Mercedes and BMW have each built hydrogen-fueled cars. Although the two firms consider such cars to be at least 20 years away from mass production, they are continuing to pour money into their development.

Yet for all this innovation, it seems as if each passing year brings only more talk of what the future may hold, rather than progress toward it. Most industry-watchers blame the relatively low price of fuel for stalling these technologies.

"If you could get gasoline to cost $5 a gallon instead of $1," says MacCready, "the inventive muscle of the United States would be harnessed. What the U.S. needs is an environmental Gorbachev."

GM officials say that in Southern California where gasoline regularly sells for less than $1 per gallon, the Impact would cost about twice as much to operate as its gasoline rivals. The ownership costs, however - i.e., the total of all costs spread out over the car's lifetime - would be only about 15 percent higher than gasoline-fueled models.

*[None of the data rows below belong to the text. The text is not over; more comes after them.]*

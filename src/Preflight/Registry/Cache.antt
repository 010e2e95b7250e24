-- ===== src/Preflight/Registry/Cache.antt =====
-- The cache of media types: what it answers is what the registry serves.
use krateo_openstack_bluepri.Prelude.{
  ℕ, String, true, Bool-cases, ◌≡◌, refl, sym, ap, ◌∙◌, subst, arith, inl, inr, Option, some,
  Option-cases, some_inj, List, ◌∷◌, ◌==◌, eq_iff, eq_refl,
}
use krateo_openstack_bluepri.Preflight.Registry.{
  Network, Target, same_target, MediaType, Run, fresh, v2_endpoint, is_hub, asks_tags, registry_get,
  cached, ask_type, manifest_media_type,
}

pub same_target-eq : (a b : Target) → same_target a b ≡ true → a ≡ b
same_target-eq a b h =
    ground (arith, eq_iff a.host b.host, eq_iff a.repo b.repo, eq_iff a.ref b.ref)

same_target_refl : (a : Target) → same_target a a ≡ true
same_target_refl a = ground (arith, eq_refl a.host, eq_refl a.repo, eq_refl a.ref)

module _ (net : Network) where
  endpoint_value :
      (host repo : String) (s : Run)
      → (v2_endpoint net host repo s).0 ≡ (v2_endpoint net host repo fresh).0
  unfolding v2_endpoint
  endpoint_value host repo s = elim (Bool-cases (host == "ghcr.io")) [
    | inl ghcr ↦ rw ghcr refl
    | inr other ↦ elim (Bool-cases (is_hub host)) [
      | inl hub ↦ rw (other, hub) refl
      | inr rest ↦ rw (other, rest) refl
    ]
  ]

  endpoint_cache : (host repo : String) (s : Run) → (v2_endpoint net host repo s).1.cache ≡ s.cache
  unfolding v2_endpoint
  endpoint_cache host repo s = elim (Bool-cases (host == "ghcr.io")) [
    | inl ghcr ↦ rw ghcr refl
    | inr other ↦ elim (Bool-cases (is_hub host)) [
      | inl hub ↦ rw (other, hub) refl
      | inr rest ↦ rw (other, rest) refl
    ]
  ]

  -- What the registry answers for a reference, whatever was asked before
  abbrev pub code_for : Target → ℕ
  code_for target = (registry_get net target fresh).0

  abbrev pub served : Target → Option MediaType
  served target = (ask_type net target fresh).0

  same_code :
      (target : Target) (s t : Run) → (registry_get net target s).0 ≡ (registry_get net target t).0
  unfolding registry_get
  same_code target s t = elim (Bool-cases (asks_tags target)) [
    | inl tags ↦ rw (tags, registry_get) refl
    | inr other ↦
        rw
          (
            other,
            registry_get,
            endpoint_value target.host target.repo s,
            endpoint_value target.host target.repo t,
          )
          refl
  ]

  same_cache : (target : Target) (s : Run) → (registry_get net target s).1.cache ≡ s.cache
  unfolding registry_get
  same_cache target s = elim (Bool-cases (asks_tags target)) [
    | inl tags ↦ rw (tags, registry_get) refl
    | inr other ↦ rw (other, registry_get) (endpoint_cache target.host target.repo s)
  ]

  pub registry_get-value :
      (target : Target) (s : Run)
      → ((registry_get net target s).0 ≡ code_for target)
        × ((registry_get net target s).1.cache ≡ s.cache)
  registry_get-value target s = (same_code target s fresh, same_cache target s)

  -- Each cached answer is the registry's.
  abbrev pub Faithful : Run → Type 0
  Faithful s =
      (target : Target) (mt : Option MediaType)
      → cached s.cache target ≡ some mt
      → mt ≡ served target

  pub ask_type-value : (target : Target) (s : Run) → (ask_type net target s).0 ≡ served target
  ask_type-value target s = rw (endpoint_value target.host target.repo s) refl

  pub media_type-Faithful :
      (target : Target) (s : Run)
      → Faithful s
      → ((manifest_media_type net target s).0 ≡ served target)
        × Faithful (manifest_media_type net target s).1
  unfolding manifest_media_type
  media_type-Faithful target s f = elim (Option-cases (cached s.cache target)) [
    | inr (mt, hit) ↦
        (rw (hit, manifest_media_type) (f target mt hit), rw (hit, manifest_media_type) f)
    | inl miss ↦ (
      rw (miss, manifest_media_type) (ask_type-value target s),
      rw (miss, manifest_media_type) extend,
    )
  ]
    where
      extend :
          (other : Target) (found : Option MediaType)
          → cached (ask_type net target s).1.cache other ≡ some found
          → found ≡ served other
      extend other found h =
          let kept : (v2_endpoint net target.host target.repo s).1.cache ≡ s.cache =
            endpoint_cache target.host target.repo s in
          let h' : cached ((target, (ask_type net target s).0) ∷ s.cache) other ≡ some found =
            subst
              (λ (c : List (Target × Option MediaType)).
                cached ((target, (ask_type net target s).0) ∷ c) other ≡ some found)
              kept h in
          elim (Bool-cases (same_target target other)) [
            | inr apart ↦ f other found (rw (apart, cached) at h')
            | inl same ↦
                sym (some_inj (rw (same, cached) at h'))
                ∙ ask_type-value target s
                ∙ ap served (same_target-eq target other same)
          ]

-- Asking a second time for a reference's media type gives the first answer and sends no request.
-- The first answer is what the registry serves, as long as the cache is right, and the cache stays so.
pub media_type-once :
    (net : Network) (target : Target) (s : Run)
    → Faithful net s
    → let (first, t) = manifest_media_type net target s in
      (first ≡ served net target) × Faithful net t × (manifest_media_type net target t ≡ (first, t))
unfolding manifest_media_type
media_type-once net target s f =
    let (value, kept) = media_type-Faithful net target s f in
    let t = (manifest_media_type net target s).1 in
    (
      value,
      kept,
      elim (Option-cases (cached s.cache target)) [
        | inr (mt, hit) ↦
            let found : manifest_media_type net target s ≡ (mt, s) =
              rw (hit, manifest_media_type) refl in
            subst (λ (p : Option MediaType × Run). manifest_media_type net target p.1 ≡ p)
              (sym found) found
        | inl miss ↦
            let asked : manifest_media_type net target s ≡ ask_type net target s =
              rw (miss, manifest_media_type) refl in
            subst (λ (p : Option MediaType × Run). manifest_media_type net target p.1 ≡ p)
              (sym asked) (rw (same_target_refl target, cached, manifest_media_type) refl)
      ],
    )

And in areas where fuel prices are higher - Europe, for example - the Impact might already be cost-competitive.

Because of the long-term commitment required to develop, manufacture and sell vehicles employing advanced or non-standard technologies - especially in a period of fluctuating fuel prices - automakers say they need federal incentives or attractive market potential. At present, American society offers neither, entrusting the fate of our most promising innovations to business executives.

It was Charles Wilson, a former president of GM, who in 1953 said that "for years I thought what was good for our country was good for General Motors and vice versa."

Some industry observers are beginning to question that sentiment. Even Fortune magazine - not noted for its sharp criticism of U.S. industry - wrote recently: "Customers prefer steak, but Detroit continues to market sizzle."

Perhaps. But if so, the White House and Congress are planning the menu.